[Material for this exercise — start]

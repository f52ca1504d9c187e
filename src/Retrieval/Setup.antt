-- ===== src/Retrieval/Setup.antt =====
-- The setup tools of orchestrator/retrieval_progress.py: `before` meters them on their own, and `after`
-- does not know of them.
use agi_inspired.Prelude.{not, ◌==◌, ℕ, ◌+◌, ◌≡◌, Bool, true, Option, none, [], or_else, arith}
use agi_inspired.Prelude.Text.{Text, codes, lower, contains, text_eq_sound, has_part, starts_with}
use agi_inspired.Retrieval.Policy.{
  at, put, tool_stage, is_fetch_tool, is_browser_tool, is_code_tool, non_retrieval_setup_tools,
}
use agi_inspired.Retrieval.State.{
  Reason, Controller, call_budget_reached, low_novelty, write_audit, trace,
}
use agi_inspired.Retrieval.Controller.{advance, before_setup, before}
use agi_inspired.Retrieval.After.{
  account, settle_call, remember, keep_evidence, count_novelty, finish_call, after,
}

abbrev IsSetup : Text → Type 0
IsSetup t = contains non_retrieval_setup_tools (lower t) ≡ true

IsSetup-name : (t : Text) → IsSetup t → lower t ≡ codes "skill_view"
unfolding contains
IsSetup-name t h = ground (arith, text_eq_sound (codes "skill_view") (lower t))

IsSetup-stage : (t : Text) → IsSetup t → tool_stage t ≡ 2
unfolding tool_stage is_fetch_tool is_browser_tool is_code_tool has_part starts_with
IsSetup-stage t h = rw (IsSetup-name t h)

advance-calls :
    (stage : ℕ) (r : Reason) (c : Controller) → (advance stage r c).state.calls ≡ c.state.calls
unfolding advance
advance-calls stage r c = ground arith

-- A setup call takes nothing from the retrieval budgets when it is let through.
before_setup-calls :
    (t : Text) (c : Controller)
    → IsSetup t
    → (before t c).1 ≡ none
    → ((before t c).0.state.calls ≡ c.state.calls)
      × ((before t c).0.state.reserved ≡ c.state.reserved)
      × ((before t c).0.state.setup_calls ≡ c.state.setup_calls + 1)
unfolding before before_setup write_audit
before_setup-calls t c s h = ground arith

module _ (sha256 : Text → Text) (canonical_url : Text → Text) where
  account-browser :
      (t : Text) (text : Text) (failed : Bool) (c : Controller)
      → (account sha256 canonical_url t 2 text failed c).state.calls.browser
        ≡ c.state.calls.browser + 1
  unfolding account settle_call remember keep_evidence count_novelty write_audit trace at put
  account-browser t text failed c = ground arith

  finish_call-calls :
      (stage : ℕ) (stale : Bool) (c : Controller)
      → (finish_call stage stale c).0.state.calls ≡ c.state.calls
  unfolding finish_call
  finish_call-calls stage stale c =
      ground (arith, advance-calls stage call_budget_reached c, advance-calls stage low_novelty c)

  -- Each setup call that is let through, once its result is reported, has been counted as one setup
  -- call and also as one call of the browser rung, for which it had no reservation.
  pub setup_charges_browser :
      (t : Text) (result : Option Text) (failed : Bool) (c : Controller)
      → contains non_retrieval_setup_tools (lower t) ≡ true
      → (before t c).1 ≡ none
      → let d = (before t c).0 in
        let e = (after sha256 canonical_url t result failed d).0 in
        (d.state.setup_calls ≡ c.state.setup_calls + 1)
        × (d.state.reserved ≡ c.state.reserved)
        × (e.state.calls.browser ≡ c.state.calls.browser + 1)
  unfolding after
  setup_charges_browser t result failed c s h =
      let d = (before t c).0 in
      let k = before_setup-calls t c s h in
      (
        k.2,
        k.1,
        rw (IsSetup-stage t s) (
            ground (
              arith,
              k,
              finish_call-calls 2 (not (2 == d.state.stage))
                  (account sha256 canonical_url t 2 (or_else result []) failed d),
              account-browser t (or_else result []) failed d,
            )),
      )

[Material for this exercise — finish]

-- Required action --
Retype the entries shown above. Keep every word exactly as it is.

-- Result --
repository f52ca1504d9c187e
filename src/Retrieval/Setup.antt
-- ===== src/Retrieval/Setup.antt =====
-- The setup tools of orchestrator/retrieval_progress.py: `before` meters them on their own, and `after`
-- does not know of them.
use agi_inspired.Prelude.{not, ◌==◌, ℕ, ◌+◌, ◌≡◌, Bool, true, Option, none, [], or_else, arith}
use agi_inspired.Prelude.Text.{Text, codes, lower, contains, text_eq_sound, has_part, starts_with}
use agi_inspired.Retrieval.Policy.{
  at, put, tool_stage, is_fetch_tool, is_browser_tool, is_code_tool, non_retrieval_setup_tools,
}
use agi_inspired.Retrieval.State.{
  Reason, Controller, call_budget_reached, low_novelty, write_audit, trace,
}
use agi_inspired.Retrieval.Controller.{advance, before_setup, before}
use agi_inspired.Retrieval.After.{
  account, settle_call, remember, keep_evidence, count_novelty, finish_call, after,
}

abbrev IsSetup : Text → Type 0
IsSetup t = contains non_retrieval_setup_tools (lower t) ≡ true

IsSetup-name : (t : Text) → IsSetup t → lower t ≡ codes "skill_view"
unfolding contains
IsSetup-name t h = ground (arith, text_eq_sound (codes "skill_view") (lower t))

IsSetup-stage : (t : Text) → IsSetup t → tool_stage t ≡ 2
unfolding tool_stage is_fetch_tool is_browser_tool is_code_tool has_part starts_with
IsSetup-stage t h = rw (IsSetup-name t h)

advance-calls :
    (stage : ℕ) (r : Reason) (c : Controller) → (advance stage r c).state.calls ≡ c.state.calls
unfolding advance
advance-calls stage r c = ground arith

-- A setup call takes nothing from the retrieval budgets when it is let through.
before_setup-calls :
    (t : Text) (c : Controller)
    → IsSetup t
    → (before t c).1 ≡ none
    → ((before t c).0.state.calls ≡ c.state.calls)
      × ((before t c).0.state.reserved ≡ c.state.reserved)
      × ((before t c).0.state.setup_calls ≡ c.state.setup_calls + 1)
unfolding before before_setup write_audit
before_setup-calls t c s h = ground arith

module _ (sha256 : Text → Text) (canonical_url : Text → Text) where
  account-browser :
      (t : Text) (text : Text) (failed : Bool) (c : Controller)
      → (account sha256 canonical_url t 2 text failed c).state.calls.browser
        ≡ c.state.calls.browser + 1
  unfolding account settle_call remember keep_evidence count_novelty write_audit trace at put
  account-browser t text failed c = ground arith

  finish_call-calls :
      (stage : ℕ) (stale : Bool) (c : Controller)
      → (finish_call stage stale c).0.state.calls ≡ c.state.calls
  unfolding finish_call
  finish_call-calls stage stale c =
      ground (arith, advance-calls stage call_budget_reached c, advance-calls stage low_novelty c)

  -- Each setup call that is let through, once its result is reported, has been counted as one setup
  -- call and also as one call of the browser rung, for which it had no reservation.
  pub setup_charges_browser :
      (t : Text) (result : Option Text) (failed : Bool) (c : Controller)
      → contains non_retrieval_setup_tools (lower t) ≡ true
      → (before t c).1 ≡ none
      → let d = (before t c).0 in
        let e = (after sha256 canonical_url t result failed d).0 in
        (d.state.setup_calls ≡ c.state.setup_calls + 1)
        × (d.state.reserved ≡ c.state.reserved)
        × (e.state.calls.browser ≡ c.state.calls.browser + 1)
  unfolding after
  setup_charges_browser t result failed c s h =
      let d = (before t c).0 in
      let k = before_setup-calls t c s h in
      (
        k.2,
        k.1,
        rw (IsSetup-stage t s) (
            ground (
              arith,
              k,
              finish_call-calls 2 (not (2 == d.state.stage))
                  (account sha256 canonical_url t 2 (or_else result []) failed d),
              account-browser t (or_else result []) failed d,
            )),
      )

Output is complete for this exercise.